Exponent rules are essential when simplifying algebraic expressions, as they determine how to handle powers of numbers or variables. One of the most fundamental rules is the product of powers rule: \(a^{n} \cdot a^{m} = a^{n+m}\). This rule tells us that when we multiply two powers with the same base, we add the exponents.

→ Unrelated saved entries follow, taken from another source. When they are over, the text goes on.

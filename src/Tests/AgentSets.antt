-- ===== src/Tests/AgentSets.antt =====
-- Sets of a kernel as a list of their entries, where a/32 is listed as a.
use egressgateway.Prelude.{
  String, Bool, true, false, not, ◌&&◌, ◌||◌, ◌==◌, eq_iff, if◌then◌else◌, List, [], ◌∷◌, ok, err,
  ◌≡◌, refl, sym, ap, ◌∙◌, arith, Bool-cases, inl, inr, Error, Result,
}
use egressgateway.Ip.Range.{has_mark}
use egressgateway.Agent.Held.{IsIpset}
use egressgateway.Agent.World.{IpsetClient, IpSet}

abbrev pub Entries : Type 0
Entries = List (String × String)

abbrev pub short : String → String
short x = if x == "a/32" then "a" else x

unfoldable pub held : String → String → Entries → Bool
held n x [] = false
held n x (e ∷ es) = n == e.0 && x == short e.1 || held n x es

unfoldable pub list_set : String → Entries → List String
list_set n [] = []
list_set n (e ∷ es) = let rest = list_set n es in if n == e.0 then short e.1 ∷ rest else rest

unfoldable pub drop_entry : String → String → Entries → Entries
drop_entry text n [] = []
drop_entry text n (e ∷ es) =
    let rest = drop_entry text n es in
    if n == e.0 && short text == short e.1 then rest else e ∷ rest

unfoldable pub drop_set : String → Entries → Entries
drop_set n [] = []
drop_set n (e ∷ es) = let rest = drop_set n es in if n == e.0 then rest else e ∷ rest

abbrev pub ipset : IpsetClient Entries
ipset = record {
  create_set = λ set s. (ok tt, s);
  list_entries = λ n s. (ok (list_set n s), s);
  add_entry = λ text set s. (ok tt, (set.name, text) ∷ s);
  del_entry = λ text n s. (ok tt, drop_entry text n s);
  destroy_set = λ n s. (ok tt, drop_set n s);
  list_sets = λ s. (ok ("egress-old" ∷ "egress-cluster-cidr-ipv4" ∷ []), s);
  is_already_added = λ e. false;
}

has_mark-list_set : (n x : String) (s : Entries) → has_mark x (list_set n s) ≡ held n x s
unfolding has_mark list_set held
has_mark-list_set n x [] = refl
has_mark-list_set n x (e ∷ es) = ground (arith, has_mark-list_set n x es)

pub held-drop_entry :
    (text name n x : String) (s : Entries)
    → held n x (drop_entry text name s) ≡ (not (n == name && x == short text) && held n x s)
unfolding held drop_entry
held-drop_entry text name n x [] = ground arith
held-drop_entry text name n x (e ∷ es) =
    let rest = held-drop_entry text name n x es in
    elim (Bool-cases (name == e.0)) [
      | inr other ↦ ground (arith, rest, other, eq_iff n e.0, eq_iff n name, eq_iff name e.0)
      | inl same ↦
          let one = ap (λ m. n == m) ((eq_iff name e.0).0 same) in
          elim (Bool-cases (short text == short e.1)) [
            | inr other ↦ ground (
              arith,
              rest,
              same,
              other,
              one,
              eq_iff x (short e.1),
              eq_iff x (short text),
              eq_iff (short text) (short e.1),
            )
            | inl also ↦
                let two = ap (λ y. x == y) ((eq_iff (short text) (short e.1)).0 also) in
                ground (arith, rest, same, also, one, two)
          ]
    ]

pub held-drop_set :
    (name n x : String) (s : Entries)
    → (n == name) ≡ false
    → held n x (drop_set name s) ≡ held n x s
unfolding held drop_set
held-drop_set name n x [] h = refl
held-drop_set name n x (e ∷ es) h =
    ground (arith, held-drop_set name n x es h, eq_iff name e.0, eq_iff n e.0, eq_iff n name, h)

short-short : (y : String) → short (short y) ≡ short y
short-short y = ground (arith, eq_iff y "a/32")

pub short-held : (n x : String) (s : Entries) → held n x s ≡ true → short x ≡ x
unfolding held
short-held n x [] h = absurd (ground (arith, h))
short-held n x (e ∷ es) h =
    ground (arith, h, short-held n x es, eq_iff x (short e.1), short-short e.1)

pub added_entry :
    (text : String) (set : IpSet) (s s' : Entries)
    → ipset.add_entry text set s ≡ (ok tt, s')
    → (n x : String) → held n x s' ≡ ((n == set.name && x == short text) || held n x s)
unfolding held
added_entry text set s s' h n x = ap (λ q. held n x q.1) (sym h)

pub listed_set :
    (n : String) (s s' : Entries) (l : List String)
    → ipset.list_entries n s ≡ (ok l, s')
    → (s' ≡ s) × ((x : String) → has_mark x l ≡ held n x s)
unfolding has_mark
listed_set n s s' l e = (ap (λ q. q.1) (sym e), λ x. ground (arith, e, has_mark-list_set n x s))

pub not_failed :
    {A P : Type 0} (a : A) (e : Error) (s s' : Entries)
    → ◌≡◌ {A = Result A × Entries} (ok a, s) (err e, s')
    → P
not_failed a e s s' h = absurd (ground (arith, h))

pub same_state :
    (s s' : Entries)
    → ◌≡◌ {A = Result (Unit {0}) × Entries} (ok tt, s) (ok tt, s')
    → (n x : String) → held n x s' ≡ held n x s
same_state s s' h n x = ap (λ q. held n x q.1) (sym h)

abbrev pub ipset-IsIpset : IsIpset ipset
ipset-IsIpset = record {
  holds = held;
  form = short;
  listed = listed_set;
  unlisted = λ n e s s' h k. not_failed (list_set n s) e s s' h;
  formed = short-held;
  created = λ set s s' h n x. same_state s s' h n x;
  added = added_entry;
  already = λ text set e s s' h k n x. not_failed tt e ((set.name, text) ∷ s) s' h;
  deleted = λ text n s s' h m x. ap (λ q. held m x q.1) (sym h) ∙ held-drop_entry text n m x s;
}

In our exercise, applying this rule is crucial. When distributing \(xy\) into \(x^{-1}+y^{-1}\), we look at terms like \(x^{2}y \cdot x^{-1}\). Using the product of powers rule, we simplify \(x^{2-1}\), resulting in \(x^{1}\), which is simply \(x\).

Likewise, for the term \(xy^{2} \cdot y^{-1}\), using the same rule, \(y^{2-1}\) becomes \(y\). Understanding these exponent rules allows us to simplify expressions correctly and is vital in algebra.

The distributive property in algebra is a critical concept that helps us understand how to multiply across terms within parentheses. It allows us to simplify expressions by ensuring each term in the parenthesis is multiplied by the factor outside.

In this example, the expression \(xy(x^{-1}+y^{-1})\) uses distribution to multiply \(xy\) with both \(x^{-1}\) and \(y^{-1}\). This step results in two separate terms: \(x^{2}y \cdot x^{-1}\) and \(xy^{2} \cdot y^{-1}\).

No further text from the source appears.